In spite of the rise of real-time chat applications, email has remained a valuable, sticky component of most companies' communication strategy. We can observe it either in combination with live & asynchronous chat solutions or as the sole means of communication. Email data analysis can also provide valuable insight into the health of your company's relationship with customers. It is a valuable component of an overall, data-driven customer health score.
Companies like Akita, which provide customer success software to SaaS companies, prove that combining customer data in its various forms can deliver invaluable insights. You can use this data to facilitate better customer health, better customer retention rates, and ultimately growth in customer revenue.
Types of Email Data You Can Analyze to Improve Your Customers' Health
Some of the data types that are very useful for email data analysis include:
- Sales opportunity data: understanding the reasoning behind expansion requirements can give some insight into how much value the customer is getting from your solution.
- Billing data: This will give you an understanding of whether spending is increasing or decreasing. It is a good indicator of customer sentiment towards your solution.
- Support data: The metrics associated with support tickets are a very good component to include in a customer health score. Tickets created, closed, and/or escalated. The volume of tickets or growth/reduction in ticket volume within a specific period can all deliver insights that should influence a health score.
- Voice-of-Customer Data: This data comes directly from your customers and gives you an insight into the specific feeling your customer has for your solution at a particular moment. It often takes the form of measurable survey responses like Net Promoter Scores (NPS) or Customer Satisfaction (CSAT) scores.
- Marketing data: Page views on your marketing site, events attended, whitepapers downloaded, and product reviews. Any engagement with your marketing footprint can be captured, measured and added as components to a Customer Health Score.
- Product Usage Data: For most SaaS businesses that offer a standard, client-based solution, platform engagement data provides the most important measure of how happy a customer is with your solution. Whether they are basic metrics like login rates, DAUs/MAUs, license activation or more specific event data showing levels of engagement. Engagement data should form the basis for your understanding of customer health.
Email Data for Analysis
Of course, email data comes in many forms, each potentially useful when it comes to understanding your Customers…

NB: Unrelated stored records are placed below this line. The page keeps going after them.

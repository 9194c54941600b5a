-- ===== src/GemmAr/Arrivals.antt =====
-- include/operators/gemm_ar/gemm_ar.cuh: draining an arrival queue into the flags of the chunks.
pub mod Bits
pub mod Published
pub mod Marks
pub mod Drains
pub mod Sends
pub mod Shape
pub mod Carried
mod Tests
use m_kernel.Prelude.{
  ℕ, zero, suc, ◌+◌, ◌-◌, ◌*◌, ◌/◌, ◌%◌, ◌^◌, Bool, true, false, ltb, leb, ◌&&◌, ◌==◌,
  if◌then◌else◌, min, max, bit_or, update, u8, u16, u32, u64, Option,
}
use m_kernel.Types.{
  TransferCmd, CmdType, zero_cmd, unpack_arrival_first_tile, unpack_arrival_num_tiles,
  peer_rank_for_slot, slot_at_peer,
}
use m_kernel.GemmAr.Chunks.{Chunk, chunk_decode}

-- The constants of `fused_globals` that the functions read.
pub record FusedGlobals : Type 0 where
  pub remote_queue_stride : ℕ
  pub total_tiles_per_device : ℕ
  pub col_blocks : ℕ
  pub chunks_per_row : ℕ
  pub chunk_tiles : ℕ
  pub num_nodes : ℕ
  pub node_idx : ℕ
  pub dev_idx : ℕ
  pub row_blocks_per_slice : ℕ
  pub num_remote_queues : ℕ
  pub num_devices : ℕ  -- `NUM_DEVICES`, which the build sets

-- The memory that `fused_globals` points to.
pub record Arrived : Type 0 where
  pub arrival_flags : ℕ → ℕ
  pub arrival_queue_head : ℕ → ℕ
  pub queue_observed_arrivals : ℕ → ℕ
  pub remote_arrived_peer_mask : ℕ → ℕ
  pub remote_arrived_chunks : ℕ
  pub remote_arrived_flag : ℕ → ℕ

-- `__popc`, by the width of the word.
unfoldable pub popc : (width : ℕ) → ℕ → ℕ
popc zero x = 0
popc (suc w) x = x % 2 + popc w (x / 2)

unfoldable pub peer_bit : ℕ → ℕ
peer_bit peer_slot = if ltb peer_slot 31 then 2 ^ peer_slot else 0

-- What a round of the inner loop does to a chunk; `1u` is stored before the next arrival is read.
unfoldable pub mark_chunk : FusedGlobals → (peer_slot chunk_id : ℕ) → Arrived → Arrived
mark_chunk g peer_slot chunk_id s =
    let old_mask : ℕ = s.remote_arrived_peer_mask chunk_id in
    let new_mask : ℕ = bit_or old_mask (peer_bit peer_slot) in
    let needed_peers : ℕ = g.num_nodes - 1 in
    let masked : Arrived = record s {
      remote_arrived_peer_mask = update s.remote_arrived_peer_mask chunk_id new_mask;
    } in
    if ltb (popc 32 old_mask) needed_peers && leb needed_peers (popc 32 new_mask)
    then record masked {
      remote_arrived_chunks = u32 (s.remote_arrived_chunks + 1);
      remote_arrived_flag = update s.remote_arrived_flag chunk_id 1;
    }
    else masked

-- The inner loop. Every round takes at least one tile, so as many rounds as tiles are enough.
unfoldable pub mark_tiles :
    (rounds : ℕ) → FusedGlobals → (peer_slot rb col_start work_tiles : ℕ) → Arrived → Arrived
mark_tiles zero g peer_slot rb col_start work_tiles s = s
mark_tiles (suc rounds) g peer_slot rb col_start work_tiles s =
    let chunk_id : ℕ = rb * g.chunks_per_row + col_start / g.chunk_tiles in
    let tiles_this_chunk : ℕ = min g.chunk_tiles (g.col_blocks - col_start) in
    let consumed_tiles : ℕ = min work_tiles tiles_this_chunk in
    let rest : Arrived =
      mark_tiles rounds g peer_slot rb (col_start + consumed_tiles) (work_tiles - consumed_tiles)
        (mark_chunk g peer_slot chunk_id s) in
    if ltb 0 work_tiles && ltb col_start g.col_blocks && ltb 0 consumed_tiles then rest else s

-- An `int` that is brought up to 0 if it is negative.
abbrev pub int_or_zero : ℕ → ℕ
int_or_zero word = if ltb word (2 ^ 31) then word else 0

-- What an arrival word does. The column lies in the row, since it is a remainder.
unfoldable pub take_arrival : FusedGlobals → (flag_val : ℕ) → Arrived → Arrived
take_arrival g flag_val s =
    let first_tile : ℕ = int_or_zero (unpack_arrival_first_tile flag_val) in
    let peer_slot : ℕ = first_tile / g.total_tiles_per_device in
    let local_first_tile : ℕ = first_tile - peer_slot * g.total_tiles_per_device in
    let rb : ℕ = local_first_tile / g.col_blocks in
    let col_start : ℕ = local_first_tile - rb * g.col_blocks in
    let work_tiles : ℕ = min (unpack_arrival_num_tiles flag_val) (g.col_blocks - col_start) in
    mark_tiles work_tiles g peer_slot rb col_start work_tiles s

-- The place of the queue that is read next.
abbrev pub queue_word : FusedGlobals → Arrived → (q place : ℕ) → ℕ
queue_word g s q place = s.arrival_flags (q * g.remote_queue_stride + place)

-- The head and the counter of a queue go on by one.
abbrev pub head_on : (q : ℕ) → Arrived → Arrived
head_on q s = record s {
  arrival_queue_head = update s.arrival_queue_head q (u32 (s.arrival_queue_head q + 1));
  queue_observed_arrivals =
      update s.queue_observed_arrivals q (u32 (s.queue_observed_arrivals q + 1));
}

-- The outer loop, of at most as many rounds as places are left; it also returns whether there was
-- any arrival.
unfoldable pub drain_from : (rounds : ℕ) → FusedGlobals → (q : ℕ) → Bool → Arrived → Bool × Arrived
drain_from zero g q any s = (any, s)
drain_from (suc rounds) g q any s =
    let flag_val : ℕ = queue_word g s q (s.arrival_queue_head q) in
    let rest : Bool × Arrived =
      drain_from rounds g q true (take_arrival g flag_val (head_on q s)) in
    if ltb (s.arrival_queue_head q) g.remote_queue_stride && ltb 0 flag_val then rest else (any, s)

unfoldable pub drain_arrival_queue : FusedGlobals → (q : ℕ) → Arrived → Bool × Arrived
drain_arrival_queue g q s = drain_from (g.remote_queue_stride - s.arrival_queue_head q) g q false s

- The volume and frequency of Email traffic
It is essential to strike the right balance in terms of how frequently emails are sent to customers. Too many emails can lead to fatigue and disengagement, while too few can result in customers feeling neglected. Monitoring the frequency of email communication can help ensure that customers receive the right amount of information and updates.
- Email Engagement rates
- Response rates: Monitoring the response rates to customer emails can be an indicator of how engaged they are with the product or service. Higher response rates suggest that customers are more interested in and invested in the offering.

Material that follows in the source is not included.